─── RAW DATA ───
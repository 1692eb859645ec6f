-- ===== src/Examples/Encoding.antt =====
-- An encoding of texts for the tests, one number for a character, with its decoder.
use Prim.Native.Char.{Char, char, code, IsLt}
use Prim.Native.Nat.{Ordering, compare}
use kestrel_feature_mcp.Prelude.{ℕ, String, Option, none, some, [], ◌∷◌, ◌≡◌, refl, ap, ◌∙◌}
use kestrel_feature_mcp.Assets.{Bytes}

abbrev BothLt : Ordering → Ordering → Type 0
BothLt Ordering.lt o = IsLt o
BothLt Ordering.eq o = ⊥
BothLt Ordering.gt o = ⊥

-- Whether a number is a character's, by its comparisons with the bounds of the surrogates and the end.
abbrev IsCode : Ordering → Ordering → Ordering → Type 0
IsCode Ordering.lt o p = Unit
IsCode Ordering.eq o p = BothLt o p
IsCode Ordering.gt o p = BothLt o p

abbrev check_below : (o : Ordering) → Option (IsLt o)
check_below Ordering.lt = some tt
check_below Ordering.eq = none
check_below Ordering.gt = none

abbrev check_both : (o p : Ordering) → Option (BothLt o p)
check_both Ordering.lt p = check_below p
check_both Ordering.eq p = none
check_both Ordering.gt p = none

abbrev check_code : (o p q : Ordering) → Option (IsCode o p q)
check_code Ordering.lt p q = some tt
check_code Ordering.eq p q = check_both p q
check_code Ordering.gt p q = check_both p q

check_both_lem : (o p : Ordering) (h : BothLt o p) → check_both o p ≡ some h
check_both_lem Ordering.lt Ordering.lt h = refl
check_both_lem Ordering.lt Ordering.eq h = elim h [ ]
check_both_lem Ordering.lt Ordering.gt h = elim h [ ]
check_both_lem Ordering.eq p h = elim h [ ]
check_both_lem Ordering.gt p h = elim h [ ]

check_code_lem : (o p q : Ordering) (h : IsCode o p q) → check_code o p q ≡ some h
check_code_lem Ordering.lt p q h = refl
check_code_lem Ordering.eq p q h = check_both_lem p q h
check_code_lem Ordering.gt p q h = check_both_lem p q h

abbrev IsCharCode : ℕ → Type 0
IsCharCode n = IsCode (compare n 55296) (compare 57343 n) (compare n 1114112)

abbrev char_from : (n : ℕ) → Option (IsCharCode n) → Option Char
char_from n none = none
char_from n (some h) = some (char n h)

abbrev char_of : ℕ → Option Char
char_of n = char_from n (check_code (compare n 55296) (compare 57343 n) (compare n 1114112))

char_of_lem : (n : ℕ) (h : IsCharCode n) → char_of n ≡ some (char n h)
char_of_lem n h =
    ap (char_from n) (check_code_lem (compare n 55296) (compare 57343 n) (compare n 1114112) h)

abbrev joined : Option Char → Option String → Option String
joined (some c) (some s) = some (String.◌∷◌ c s)
joined o p = none

abbrev pub encode_text : String → Bytes
encode_text String.[] = []
encode_text (String.◌∷◌ c s) = code c ∷ encode_text s

abbrev pub decode_codes : Bytes → Option String
decode_codes [] = some String.[]
decode_codes (n ∷ ns) = joined (char_of n) (decode_codes ns)

pub decode_codes-encode_text : (s : String) → decode_codes (encode_text s) ≡ some s
decode_codes-encode_text String.[] = refl
decode_codes-encode_text (String.◌∷◌ (char n h) s) =
    ap (λ (o : Option Char). joined o (decode_codes (encode_text s))) (char_of_lem n h)
    ∙ ap (joined (some (char n h))) (decode_codes-encode_text s)
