-- ===== src/Examples/Builds.antt =====
-- A build of the tests, over one installed package, with its directory before and after.
use kestrel_feature_mcp.Prelude.{
  ◌↔◌, String, Bool, true, false, ◌≡◌, refl, ◌||◌, none, some, List, [], ◌∷◌, nat_eq, code, eq_refl,
  join, trim, lookup, includes, set_item, utf16_length, Outcome, ok, throw, error, ◌==◌,
  ok-injective, if◌then◌else◌,
}
use mathlib.Core.Path.{subst}
use kestrel_feature_mcp.Json.{◌<>◌, json_copy, pretty, stringify}
use kestrel_feature_mcp.Value.{Value, obj, arr, nil, num, str, nonneg, field, end}
use kestrel_feature_mcp.Assets.{Bytes}
use kestrel_feature_mcp.NoticeFiles.{
  Disk, collect_embedded_notices, known_of, gather, visit, notices_of,
}
use kestrel_feature_mcp.AssetLicenses.{
  Tree, Package, license_for, climb, package_at, read_metadata, read_package, read_text,
  read_license_texts,
}
use kestrel_feature_mcp.AssetManifest.{
  Parts, manifest_of, add_packages, add_embedded, order_packages, notices_text,
}
use kestrel_feature_mcp.AssetBuild.{
  Target, Bundle, Bundled, targets, Place, Builder, Built, build_sandbox_assets, check_destination,
  check_place, bundle_all, add_outputs, add_inputs, finish_build, sources_of, hash_sources,
  build_manifest, assemble, assets_of, json_file, make_changes,
}
use kestrel_feature_mcp.AssetBuild.Bundling.{IsBundler, IsBundle}
use kestrel_feature_mcp.AssetCheck.{compare_files, verify_sandbox_build}
use kestrel_feature_mcp.AssetBuild.Contents.{IsAllowed, IsBuilt}
use kestrel_feature_mcp.AssetBuild.Completeness.{IsNoticed, build_sandbox_assets-IsNoticed}
use kestrel_feature_mcp.AssetBuild.Delivery.{IsReadable}
use kestrel_feature_mcp.AssetCheck.Verification.{IsShipped, verify_sandbox_build_iff}
use kestrel_feature_mcp.Examples.Encoding.{encode_text, decode_codes, decode_codes-encode_text}

abbrev hash : String
hash = "00000000000000000000000000000000000000000000000000000000000000aa"

abbrev has_slash : String → Bool
has_slash String.[] = false
has_slash (String.◌∷◌ c s) = nat_eq (code c) b'/' || has_slash s

-- What stands before the last slash.
abbrev parent : String → String
parent String.[] = ""
parent (String.◌∷◌ c s) = let rest = parent s in if has_slash s then String.◌∷◌ c rest else ""

abbrev decoded : Bytes → String
decoded bytes = elim (decode_codes bytes) [ none ↦ "" | some text ↦ text ]

abbrev inventory : Value
inventory = obj (field "format" (num (nonneg 1)) (field "packages" (arr nil) end))

abbrev metadata : Value
metadata =
    obj
      (field "name" (str "zod") (field "version" (str "3.25.1") (field "license" (str "MIT") end)))

abbrev zod : Package
zod = record {
  name = str "zod";
  version = str "3.25.1";
  license = str "MIT";
  licenses = record { name = "LICENSE"; text = "text" } ∷ [];
  embedded_in = none;
}

abbrev parts : Parts
parts = record {
  compiler_version = "0.25.0";
  sources =
      ("build-assets.mjs", hash)
      ∷ ("build-notices.mjs", hash)
      ∷ ("build.mjs", hash)
      ∷ ("package-lock.json", hash)
      ∷ ("package.json", hash)
      ∷ ("src/app.js", hash)
      ∷ ("src/oauth-panel.css", hash)
      ∷ ("vendor-notices.json", hash)
      ∷ [];
  bundled_inputs = ("src/sandbox-entry.js", hash) ∷ ("node_modules/zod/lib/index.js", hash) ∷ [];
  source_maps = [];
  packages = zod ∷ [];
  assets =
      ("sandbox-entry.js", hash)
      ∷ ("sandbox-service.mjs", hash)
      ∷ ("parent-entry.js", hash)
      ∷ ("oauth-panel.js", hash)
      ∷ ("oauth-panel.css", hash)
      ∷ ("THIRD_PARTY_NOTICES.txt", hash)
      ∷ [];
}

abbrev manifest : Value
manifest = manifest_of (λ text. hash) parts

abbrev missing : List String
missing =
    "/web/src/sandbox-entry.js.map" ∷ "/web/node_modules/zod/lib/index.js.map"
    ∷ "/web/node_modules/zod/lib/package.json" ∷ []

abbrev disk : Disk
disk = record {
  inventory_text = ok "inventory";
  read = λ path.
      if includes missing path
      then throw (error "ENOENT")
      else if path == "/web/node_modules/zod/package.json"
      then ok (encode_text "package")
      else ok (encode_text "text");
  stat = λ path. ok (true, false);
  is_missing = λ e. true;
  parse = λ text. ok (
      if text == "inventory"
      then inventory
      else if text == "package"
      then metadata
      else json_copy manifest);
  sha256 = λ bytes. hash;
  decode = decode_codes;
  resolve = λ name. "/web/" <> name;
  licenses_folder = "/web/licenses/";
  locale_leb = λ a b. true;
}

abbrev tree : Tree
tree = record {
  disk = disk;
  read_dir = λ folder.
      ok (if folder == "/web/src" then "app.js" ∷ "app.css" ∷ [] else "LICENSE" ∷ "index.js" ∷ []);
  decode_text = decoded;
  dirname = parent;
  join_path = λ folder name. folder <> "/" <> name;
  modules_folder = "/web/node_modules/";
}

abbrev bundle_target : String → Target → Outcome Bundle
bundle_target destination target =
    if target.filename == "manifest.json"
    then throw (error "reserved")
    else ok (record {
      output_files = (target.filename, encode_text "run()") ∷ [];
      inputs = "src/sandbox-entry.js" ∷ "node_modules/zod/lib/index.js" ∷ [];
    })

abbrev builder : Builder
builder = record {
  tree = tree;
  web_root = "/web";
  absolute = λ path. path;
  root_of = λ path. "/";
  basename = λ path. path;
  bundle = bundle_target;
  compiler_version = "0.25.0";
  sha256_text = λ text. hash;
  utf8 = encode_text;
}

-- The nearest folder with metadata is above that of the input.
licensed : license_for tree "node_modules/zod/lib/index.js" ≡ ok zod
unfolding license_for climb package_at read_metadata read_package read_text read_license_texts
    utf16_length
licensed = refl

-- The directory holds what is left of an earlier build.
abbrev place : Place
place = record {
  is_link = false;
  is_directory = true;
  entries =
      (
        "parent-entry.js",
        record { is_file = true; is_link = false; links = 1; bytes = encode_text "old" },
      )
      ∷ [];
}

abbrev bundled : Bundled
bundled = record {
  outputs =
      ("sandbox-entry.js", encode_text "run()")
      ∷ ("sandbox-service.mjs", encode_text "run()")
      ∷ ("parent-entry.js", encode_text "run()")
      ∷ ("oauth-panel.js", encode_text "run()")
      ∷ [];
  inputs = ("src/sandbox-entry.js", hash) ∷ ("node_modules/zod/lib/index.js", hash) ∷ [];
}

abbrev assets : List (String × Bytes)
assets = assets_of builder bundled (encode_text "text") (zod ∷ [])

abbrev built : Built
built = assemble builder ("parent-entry.js" ∷ []) assets manifest

bundles : bundle_all builder "/out" targets (record { outputs = []; inputs = [] }) ≡ ok bundled
unfolding bundle_all add_outputs add_inputs
bundles = refl

builds : build_sandbox_assets builder "/out" (ok place) ≡ ok built
unfolding build_sandbox_assets check_destination check_place bundle_all add_outputs add_inputs
    finish_build add_packages license_for climb package_at read_metadata read_package read_text
    read_license_texts utf16_length collect_embedded_notices known_of gather visit notices_of
    add_embedded order_packages sources_of hash_sources build_manifest assets_of
builds = refl

build_sandbox_assets-IsNoticed_example :
    IsAllowed builder "/out" × IsBuilt builder place built × IsNoticed builder "/out" built
build_sandbox_assets-IsNoticed_example =
    build_sandbox_assets-IsNoticed builder "/out" place built builds

own_outputs : IsBundler builder
own_outputs destination target result h = by_name (target.filename == "manifest.json") refl h
  where
    by_name :
        (b : Bool)
        → (target.filename == "manifest.json") ≡ b
        → (if b
            then throw (error "reserved")
            else ok (record {
              output_files = (target.filename, encode_text "run()") ∷ [];
              inputs = "src/sandbox-entry.js" ∷ "node_modules/zod/lib/index.js" ∷ [];
            }))
          ≡ ok result
        → IsBundle builder target result
    by_name true e h = cc
    by_name false e h = subst (IsBundle builder target) (ok-injective h) (record {
      output = rw (eq_refl target.filename) refl;
      no_manifest = rw e refl;
      texts = (("run()", refl), tt);
    })

readable : IsReadable builder
readable = record { hex = λ bytes. refl; utf8 = decode_codes-encode_text; bundler = own_outputs }

-- What a build leaves passes the comparison with a new build; an asset that was changed does not.
abbrev scratch : Built
scratch = assemble builder [] assets manifest

verifies :
    verify_sandbox_build builder "/tmp/check" (ok (make_changes scratch.changes [])) ≡ ok manifest
unfolding verify_sandbox_build compare_files build_sandbox_assets check_destination check_place
    bundle_all add_outputs add_inputs finish_build add_packages license_for climb package_at
    read_metadata read_package read_text read_license_texts utf16_length collect_embedded_notices
    known_of gather visit notices_of add_embedded order_packages sources_of hash_sources
    build_manifest assets_of assemble stringify lookup notices_text join trim manifest_of pretty
verifies = refl

differs :
    verify_sandbox_build builder "/tmp/check"
      (ok (set_item "oauth-panel.js" (encode_text "go()") (make_changes scratch.changes [])))
    ≡ throw (error "Shipped sandbox asset differs from the clean build: oauth-panel.js")
unfolding verify_sandbox_build compare_files build_sandbox_assets check_destination check_place
    bundle_all add_outputs add_inputs finish_build add_packages license_for climb package_at
    read_metadata read_package read_text read_license_texts utf16_length collect_embedded_notices
    known_of gather visit notices_of add_embedded order_packages sources_of hash_sources
    build_manifest assets_of assemble stringify lookup notices_text join trim manifest_of pretty
differs = refl

parsed_back : tree.disk.parse (decoded (encode_text (json_file manifest))) ≡ ok (json_copy manifest)
unfolding manifest_of pretty
parsed_back = refl

verify_sandbox_build_iff_example :
    (verify_sandbox_build builder "/tmp/check" (ok (make_changes scratch.changes [])) ≡ ok manifest)
    ↔ IsShipped builder "/tmp/check" (make_changes scratch.changes []) manifest
verify_sandbox_build_iff_example =
    verify_sandbox_build_iff builder "/tmp/check" (make_changes scratch.changes []) manifest
      readable parsed_back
───
* _AIM OF THE TASK_
In the material above, find the line containing "then metadata" and the line containing "read_dir = λ folder.", then write out exactly those two lines and every line between them, and nothing more.

* _RESPONSE FOR THIS EXERCISE_
      then metadata
      else json_copy manifest);
  sha256 = λ bytes. hash;
  decode = decode_codes;
  resolve = λ name. "/web/" <> name;
  licenses_folder = "/web/licenses/";
  locale_leb = λ a b. true;
}

abbrev tree : Tree
tree = record {
  disk = disk;
  read_dir = λ folder.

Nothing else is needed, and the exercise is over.